Vistara network needs a consensus mechanism that is crucial for:
- 1.Validating Transactions: Ensuring that only valid transactions are added to the blockchain or the decentralized ledger.
- 2.Synchronization: Making sure that all nodes have the same data and are in sync.
- 3.Network Security: Protecting against malicious attacks by making it computationally challenging for a single entity to control the network.
- 4.Verify the authenticity of nodes joining the network.
- 5.Allocate computational tasks to various nodes.
- 6.Validate the results returned by these computational tasks.
A PoS (Proof of Stake) mechanism is a natural choice for Vistara. Validators (a subset of node operators) would be required to "stake" or lock up a certain amount of Vistara tokens to become validators. These validators would be responsible for:
- Validating the legitimacy of Vimana Node deployment requests.
- Validating the computational results returned by node runners.
- Proposing and finalizing blocks in the blockchain layer.
Deployment approach #1:
- 1.Deployment Specification: A user, through a Vimana Node, specifies the requirements of the modular component they want to deploy, including computational resources, storage, and desired price range.
- 2.Open Auction: Inspired by Akash's "open auction" for deployments, Node Runners would bid for the deployment. They would indicate how much they'll charge for the computational resources.
- 3.Matchmaking: The Vimana Node, after a predetermined time, would select the best-suited Node Runner based on price, past performance, and resource availability.
- 4.Deployment: Once matched, the Node Runner deploys the modular component on their infrastructure.
- 5.Periodic Verification: Vimana Nodes, through the staked validators, can periodically check the integrity and performance of the deployed component to ensure it meets the initial specifications.
- 1.Latency: The auction process can introduce delays before the actual deployment starts.
- 2.Complexity: Continuous bid tracking, matchmaking, and ensuring fair pricing can be complex.
- 3.Manipulation: Potential for Node Runners to manipulate the system by artificially lowering their bids to win auctions, then underdelivering.
- 4.Overhead: Matchmaking adds computational overhead, especially as the network grows.
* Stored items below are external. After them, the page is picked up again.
-- ===== src/Aggregator/Registry/Defects.antt =====
-- Where the registration does not do what its comments say: it cuts a backend's whole list of
-- tools to the number of its visible ones, and a refresh is charged once more.
use Prim.Native.Nat.{min}
use vectorhawkd.Base.{
  ℕ, zero, suc, ◌+◌, ◌-◌, ◌*◌, ◌≤◌, ◌≡◌, refl, ap, ◌∙◌, String, Bool, false, some, List, [], ◌∷◌,
  ◌++◌, arith, length, take, keep, contains, lookup,
}
use vectorhawkd.Aggregator.Budget.{backend_tool_budget}
use vectorhawkd.Aggregator.Backend.{ToolDefinition, curated, BackendEntry, filter, visible_tools}
use vectorhawkd.Aggregator.Registry.{Registry, truncate, register_backend}
use vectorhawkd.Aggregator.Registry.Grants.{IsWithin, register_backend_lem}

truncate_zero :
    (n : ℕ) (e : BackendEntry) → n ≡ 0 → some (truncate n e) ≡ some (record e { tools = [] })
truncate_zero n e none_left = ap (λ (k : ℕ). some (truncate k e)) none_left

-- A backend that shows no tool when it is registered, such as one that is on demand or unhealthy,
-- is stored without any tool.
pub hidden-loses_tools :
    (now : ℕ) (e : BackendEntry) (r : Registry)
    → IsWithin r.budget
    → visible_tools e ≡ []
    → lookup e.server_id (register_backend now e r).backends ≡ some (record e { tools = [] })
hidden-loses_tools now e r h hidden =
    (register_backend_lem now e r h).0 ∙ truncate_zero _ e (omega (arith, ap length hidden))

keep-take_none :
    (p : ToolDefinition → Bool) (hidden shown : List ToolDefinition) (n : ℕ)
    → keep p hidden ≡ []
    → n ≤ length hidden
    → keep p (take n (hidden ++ shown)) ≡ []
keep-take_none p hidden shown zero h k = refl
keep-take_none p [] shown (suc n) h k = absurd (omega arith)
keep-take_none p (t ∷ hidden) shown (suc n) h k = ground (arith, keep-take_none p hidden shown n)

visible_tools-truncate_none :
    (e : BackendEntry) (allowed : List String) (hidden shown : List ToolDefinition) (n : ℕ)
    → e.unhealthy ≡ false
    → e.tool_visibility ≡ curated allowed
    → e.tools ≡ hidden ++ shown
    → keep (λ t. contains allowed t.name) hidden ≡ []
    → n ≤ length hidden
    → visible_tools (truncate n e) ≡ []
unfolding visible_tools filter
visible_tools-truncate_none e allowed hidden shown n well curation split none_hidden few =
    rw (well, curation, split)
      (keep-take_none (λ t. contains allowed t.name) hidden shown n none_hidden few)

-- A curated backend whose listed tools stand behind at least as many others shows none of them
-- once it is registered, however much of the budget is free.
pub curated-loses_tools :
    (now : ℕ) (e : BackendEntry) (r : Registry) (allowed : List String)
    (hidden shown : List ToolDefinition)
    → IsWithin r.budget
    → e.unhealthy ≡ false
    → e.tool_visibility ≡ curated allowed
    → e.tools ≡ hidden ++ shown
    → keep (λ t. contains allowed t.name) hidden ≡ []
    → length (visible_tools e) ≤ length hidden
    → (b : BackendEntry) × (lookup e.server_id (register_backend now e r).backends ≡ some b)
      × (visible_tools b ≡ [])
curated-loses_tools now e r allowed hidden shown h well curation split none_hidden few =
    let slots = min (length (visible_tools e)) (backend_tool_budget - r.budget.used) in
    (
      truncate slots e,
      (register_backend_lem now e r h).0,
      visible_tools-truncate_none e allowed hidden shown slots well curation split none_hidden
          (omega (arith, few)),
    )

-- The same entry, registered `k` times.
unfoldable pub refresh : ℕ → BackendEntry → Registry → Registry
refresh zero e r = r
refresh (suc k) e r = register_backend 0 e (refresh k e r)

refresh-used :
    (k : ℕ) (e : BackendEntry) (r : Registry)
    → IsWithin r.budget
    → (refresh k e r).budget.used
      ≡ min backend_tool_budget (r.budget.used + k * length (visible_tools e))
unfolding refresh
refresh-used zero e r h = omega (arith, h)
refresh-used (suc k) e r h =
    let ih = refresh-used k e r h in
    omega (arith, ih, (register_backend_lem 0 e (refresh k e r) (omega (arith, ih))).1)

-- A refresh charges the tools of a backend again: once `k` refreshes have used the budget up,
-- the next one leaves the backend without a tool.
pub refresh-exhausts :
    (k : ℕ) (e : BackendEntry) (r : Registry)
    → IsWithin r.budget
    → backend_tool_budget ≤ k * length (visible_tools e)
    → lookup e.server_id (refresh (suc k) e r).backends ≡ some (record e { tools = [] })
unfolding refresh
refresh-exhausts k e r h enough =
    let ih = refresh-used k e r h in
    (register_backend_lem 0 e (refresh k e r) (omega (arith, ih))).0
    ∙ truncate_zero _ e (omega (arith, ih))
Fixed Pricing with Reputation System:
- Mechanism: Instead of an auction, have fixed price brackets based on computational resources. Node Runners can choose to offer their services in these brackets.
- Advantage: This significantly speeds up deployment time and reduces computational overhead.
- Reputation: Node Runners can be ranked based on performance, uptime, and feedback. High-reputation Node Runners get prioritized for deployments.
- Challenge: Determining fixed pricing can be challenging and may not always be aligned with market dynamics.
- Setup: Define several fixed pricing tiers based on the computational resources provided. For example:
- Tier 1: Basic compute (suitable for lightweight tasks)
- Tier 2: Advanced compute (suitable for running modular components)
- Tier 3: Premium compute (suitable for intensive simulations)
- Scoring: Assign scores to Node Runners based on:
- Performance: Did they execute tasks in the promised timeframe?
- Uptime: How often are they available?
- Feedback: What do users say about them? Were there any issues with the computation?
- Ranking: Use scores to rank Node Runners within each pricing tier. Higher scores mean better ranks.
- Zone Definition: Divide the network into geographical zones, e.g., North America, Europe, Asia, etc.
- Node Runner Registration: Node Runners, while joining, select their geographical zone.
- User Selection: Users, when they want to deploy a task, select the desired geographical zone for deployment. This ensures data residency and potentially lower latency.
- 1.User Selection: The user selects the desired pricing tier and geographical zone for their computational task.
- 2.Fetching Suitable Node Runners: The system fetches a list of Node Runners from the selected zone and tier.
- 3.Ranking Based on Reputation: The Node Runners from the list are ranked based on their reputation score.
- Automatic: The system automatically chooses the top-ranked Node Runner for deployment.
- Manual Override: Optionally, users can manually select a Node Runner from the ranked list if they have a preference.
- 5.Execution & Feedback:
- Once the task is executed, users can provide feedback, impacting the Node Runner's reputation score.
- Node Runners are incentivized to provide accurate services to maintain or improve their reputation.
- 6.Periodic Review: Periodically (e.g., every month), the pricing tiers and reputation scoring mechanism can be reviewed to ensure they remain relevant and reflect the market's needs.
- 1.Predictable Costs: Users know the costs upfront due to fixed pricing.
- 2.Quality Assurance: The reputation system ensures high-quality computation as Node Runners strive to maintain or enhance their reputation.
- 3.Geographical Flexibility: Users can optimize latency and adhere to data residency regulations.
- 1.Dynamic Market Rates: Fixed pricing might not always reflect the current market dynamics.
- 2.Zonal Imbalance: Some zones might become more popular, leading to resource contention, while others might face underutilization.
To address these challenges, a periodic review of the system, dynamic scaling of resources based on demand, and incentives for Node Runners in less popular zones can be considered.